#### Records shown:
-- ===== src/Files/Relative/Restart.antt =====
-- START followed by READ NEXT, as statements.
use blitzy_open_cobol.Base.{ℕ, suc, ◌<◌, ◌≡◌, ◌≢◌, ◌⊎◌, false, some}
use blitzy_open_cobol.Base.Int.{pos}
use blitzy_open_cobol.Files.{CobFile, access_random, open_input, open_i_o}
use blitzy_open_cobol.Files.Stdio.{Stream}
use blitzy_open_cobol.Files.Relative.Slots.{IsSlotFile}

-- A RELATIVE file open for INPUT or I-O, not with random access, with `key + 1` in its key field.
pub record IsOpen (f : CobFile) (s : Stream) (key : ℕ) : Type 0 where
  pub on_s : f.stream ≡ some s
  pub good : IsSlotFile f.record_max s
  pub key_is : f.relative_key ≡ some (pos (suc key))
  pub long : 0 < f.record_max
  pub in_order : f.access_mode ≢ access_random
  pub reads : (f.open_mode ≡ open_input) ⊎ (f.open_mode ≡ open_i_o)
  pub there : f.flag_nonexistent ≡ false
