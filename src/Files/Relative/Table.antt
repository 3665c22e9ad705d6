-- ===== src/Files/Relative/Table.antt =====
-- The contract of a RELATIVE file that is open for I-O with access by key: a table that holds at
-- most one record for each number. The statements are those of the program: it sets the key and the
-- record, and calls cob_write, cob_rewrite, cob_delete or cob_read.
use blitzy_open_cobol.Base.{
  ℕ, suc, ◌/◌, ◌%◌, ◌^◌, ◌≤◌, ◌<◌, ◌≡◌, ◌≢◌, true, false, Bool, Option, none, some, List, [], ◌∷◌,
  length, max, ltb, ◌==◌, if◌then◌else◌,
}
use blitzy_open_cobol.Base.Digits.{i2d}
use blitzy_open_cobol.Base.Int.{pos}
use blitzy_open_cobol.Files.{CobFile, KeyField, access_sequential, open_i_o, org_sequential}
use blitzy_open_cobol.Files.Plain.{Host}
use blitzy_open_cobol.Files.Relative.{relative_funcs}
use blitzy_open_cobol.Files.Relative.Slots.{slot_at, slot_header, slot_bytes}
use blitzy_open_cobol.Files.Relative.Changes.{IsRelative}
use blitzy_open_cobol.Files.Stdio.{Stream}
use blitzy_open_cobol.Files.Stdio.Words.{word_size}
use blitzy_open_cobol.Files.Verbs.{cob_read, cob_write, cob_rewrite, cob_delete}

-- A record: its size and the bytes of the record area.
abbrev pub Record : Type 0
Record = ℕ × List ℕ

-- The table. Slot `i` is for the number i + 1, and `count` is the highest number written so far.
pub record Table : Type 0 where
  pub records : ℕ → Option Record
  pub count : ℕ

pub data Statement : Type 0 where
  write rewrite delete read : Statement

-- A statement for a number, with what the record area holds before it.
pub record Request : Type 0 where
  pub statement : Statement
  pub slot : ℕ
  pub content : Record

-- The FILE STATUS, and what READ delivers.
abbrev pub Response : Type 0
Response = (ℕ × ℕ) × Option Record

abbrev pub status_bytes : ℕ → ℕ × ℕ
status_bytes status = (i2d (status / 10), i2d (status % 10))

-- A table with one entry changed.
abbrev pub with_record : Table → ℕ → Option Record → Table
with_record t i r = record t { records = λ j. if j == i then r else t.records j }

abbrev pub with_bytes : Option Record → List ℕ → Option Record
with_bytes none bytes = none
with_bytes (some (n, _)) bytes = some (n, bytes)

-- What each statement does to the table. DELETE and REWRITE look only at whether the number is
-- above the highest one.
abbrev pub answer_write : Table → ℕ → Record → Option Record → Table × Response
answer_write t i r none =
    (record (with_record t i (some r)) { count = max t.count (suc i) }, (status_bytes 0, none))
answer_write t i r (some _) = (t, (status_bytes 22, none))

abbrev pub answer_read : Table → Option Record → Table × Response
answer_read t none = (t, (status_bytes 23, none))
answer_read t (some r) = (t, (status_bytes 0, some r))

abbrev pub answer : Statement → ℕ → Record → Table → Table × Response
answer Statement.write i r t = answer_write t i r (t.records i)
answer Statement.read i r t = answer_read t (t.records i)
answer Statement.delete i r t =
    if ltb i t.count
    then (with_record t i none, (status_bytes 0, none))
    else (t, (status_bytes 23, none))
answer Statement.rewrite i r t =
    if ltb i t.count
    then (with_record t i (with_bytes (t.records i) r.1), (status_bytes 0, none))
    else (t, (status_bytes 23, none))

unfoldable pub answers : List Request → Table → List Response
answers [] t = []
answers (q ∷ qs) t =
    let (t', response) = answer q.statement q.slot q.content t in response ∷ answers qs t'

-- The same statements on the file.
abbrev pub prepared : ℕ → Record → CobFile → CobFile
prepared i (n, bytes) f = record f { relative_key = some (pos (suc i)); record_data = bytes }

abbrev pub respond : Bool → Option CobFile → Option (CobFile × Response)
respond reads none = none
respond reads (some f) =
    let good = f.file_status.0 == b'0' in
    some (
      f,
      (
        f.file_status,
        if reads then (if good then some (f.size, f.record_data) else none) else none,
      ),
    )

module _ (host : Host) (keys sizes : KeyField) where
  unfoldable pub serve : Statement → ℕ → Record → CobFile → Option (CobFile × Response)
  serve Statement.write i r f =
      respond false (cob_write (relative_funcs host keys) (prepared i r f) r.0 0)
  serve Statement.rewrite i r f =
      respond false (cob_rewrite (relative_funcs host keys) (prepared i r f) r.0 0)
  serve Statement.delete i r f =
      respond false (cob_delete (relative_funcs host keys) (prepared i r f))
  serve Statement.read i r f =
      respond true (cob_read (relative_funcs host keys) sizes (prepared i r f) true false)

  unfoldable pub serve_all : List Request → CobFile → Option (List Response)
  serve_all [] f = some []
  serve_all (q ∷ qs) f = elim (serve q.statement q.slot q.content f) [
    | none ↦ none
    | some (f', response) ↦ elim (serve_all qs f') [
      | none ↦ none
      | some responses ↦ some (response ∷ responses)
    ]
  ]

-- A slot with size 0 is free.
abbrev pub entry : ℕ → List ℕ → Option Record
entry n bytes = if n == 0 then none else some (n, bytes)

-- What the file holds for a number.
unfoldable pub record_of : ℕ → Stream → ℕ → Option Record
record_of m s i = entry (slot_header m s i) (slot_bytes m s i)

-- The file is open for I-O with access by key and holds what the table says.
pub record Represents (f : CobFile) (t : Table) : Type 0 where
  pub s : Stream
  pub on_s : f.stream ≡ some s
  pub good : IsRelative f.record_max s
  pub counted : s.size ≡ slot_at f.record_max t.count
  pub holds : (i : ℕ) → record_of f.record_max s i ≡ t.records i
  pub by_key : f.access_mode ≢ access_sequential
  pub i_o : f.open_mode ≡ open_i_o
  pub kind : f.organization ≢ org_sequential
  pub there : f.flag_nonexistent ≡ false
  pub fixed : f.record_size ≡ none

-- A record that fits a file with records of `low` to `m` bytes: its size, and the bytes of the record
-- area. A file with one record description has `low` and `m` alike.
pub record IsFit (low m : ℕ) (r : Record) : Type 0 where
  pub some_size : 0 < r.0
  pub enough : low ≤ r.0
  pub fits : r.0 ≤ m
  pub width : length r.1 ≡ m
  pub word : m < 256 ^ word_size

abbrev pub AllFit : ℕ → ℕ → List Request → Type 0
AllFit low m [] = Unit
AllFit low m (q ∷ qs) = IsFit low m q.content × AllFit low m qs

#### Assignment:
Look through the data and show every line containing "keys".

#### Answer section:
module _ (host : Host) (keys sizes : KeyField) where
      respond false (cob_write (relative_funcs host keys) (prepared i r f) r.0 0)
      respond false (cob_rewrite (relative_funcs host keys) (prepared i r f) r.0 0)
      respond false (cob_delete (relative_funcs host keys) (prepared i r f))
      respond true (cob_read (relative_funcs host keys) sizes (prepared i r f) true false)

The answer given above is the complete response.